Work item
For the entries below, repeat exactly each line starting with the one that contains "permute-permute x h" and going on through the one that contains "(all_below_sound 64 (λ", and no others.

Collected data entries

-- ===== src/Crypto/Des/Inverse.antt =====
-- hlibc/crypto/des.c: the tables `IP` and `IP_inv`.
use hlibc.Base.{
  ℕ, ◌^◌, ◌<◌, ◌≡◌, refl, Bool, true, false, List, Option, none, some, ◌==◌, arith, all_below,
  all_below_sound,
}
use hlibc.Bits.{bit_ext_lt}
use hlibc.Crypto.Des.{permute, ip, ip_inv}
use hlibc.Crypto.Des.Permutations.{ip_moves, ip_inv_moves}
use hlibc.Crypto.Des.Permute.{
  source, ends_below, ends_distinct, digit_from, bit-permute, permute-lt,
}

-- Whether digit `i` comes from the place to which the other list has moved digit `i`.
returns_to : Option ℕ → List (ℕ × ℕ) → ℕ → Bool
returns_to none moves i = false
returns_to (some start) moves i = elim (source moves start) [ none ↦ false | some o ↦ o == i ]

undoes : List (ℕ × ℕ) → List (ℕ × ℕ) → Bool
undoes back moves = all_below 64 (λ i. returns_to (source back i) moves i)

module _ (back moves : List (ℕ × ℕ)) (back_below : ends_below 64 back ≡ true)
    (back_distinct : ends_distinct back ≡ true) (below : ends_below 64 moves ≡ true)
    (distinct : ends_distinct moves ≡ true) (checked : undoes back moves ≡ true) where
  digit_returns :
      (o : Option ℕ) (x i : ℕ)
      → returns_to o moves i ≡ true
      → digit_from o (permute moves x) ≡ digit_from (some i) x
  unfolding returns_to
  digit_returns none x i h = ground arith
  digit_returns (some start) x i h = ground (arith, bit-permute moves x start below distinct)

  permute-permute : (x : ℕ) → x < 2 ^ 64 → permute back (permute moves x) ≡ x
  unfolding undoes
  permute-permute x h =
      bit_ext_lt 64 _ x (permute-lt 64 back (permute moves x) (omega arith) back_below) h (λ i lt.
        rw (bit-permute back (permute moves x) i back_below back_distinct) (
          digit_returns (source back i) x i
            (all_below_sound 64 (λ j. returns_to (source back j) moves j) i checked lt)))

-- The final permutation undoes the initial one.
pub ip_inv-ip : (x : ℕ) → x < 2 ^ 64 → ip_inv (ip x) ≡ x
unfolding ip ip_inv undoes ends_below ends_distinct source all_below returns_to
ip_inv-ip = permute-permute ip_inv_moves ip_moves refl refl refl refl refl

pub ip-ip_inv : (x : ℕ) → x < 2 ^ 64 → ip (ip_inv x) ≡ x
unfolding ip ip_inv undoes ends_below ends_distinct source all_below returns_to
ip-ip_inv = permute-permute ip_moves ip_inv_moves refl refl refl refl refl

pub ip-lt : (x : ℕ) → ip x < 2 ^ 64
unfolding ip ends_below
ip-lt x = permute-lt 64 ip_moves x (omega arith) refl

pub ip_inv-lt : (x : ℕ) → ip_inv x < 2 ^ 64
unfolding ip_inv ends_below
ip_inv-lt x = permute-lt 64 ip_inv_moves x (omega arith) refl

Answer space
  permute-permute x h =
      bit_ext_lt 64 _ x (permute-lt 64 back (permute moves x) (omega arith) back_below) h (λ i lt.
        rw (bit-permute back (permute moves x) i back_below back_distinct) (
          digit_returns (source back i) x i
            (all_below_sound 64 (λ j. returns_to (source back j) moves j) i checked lt)))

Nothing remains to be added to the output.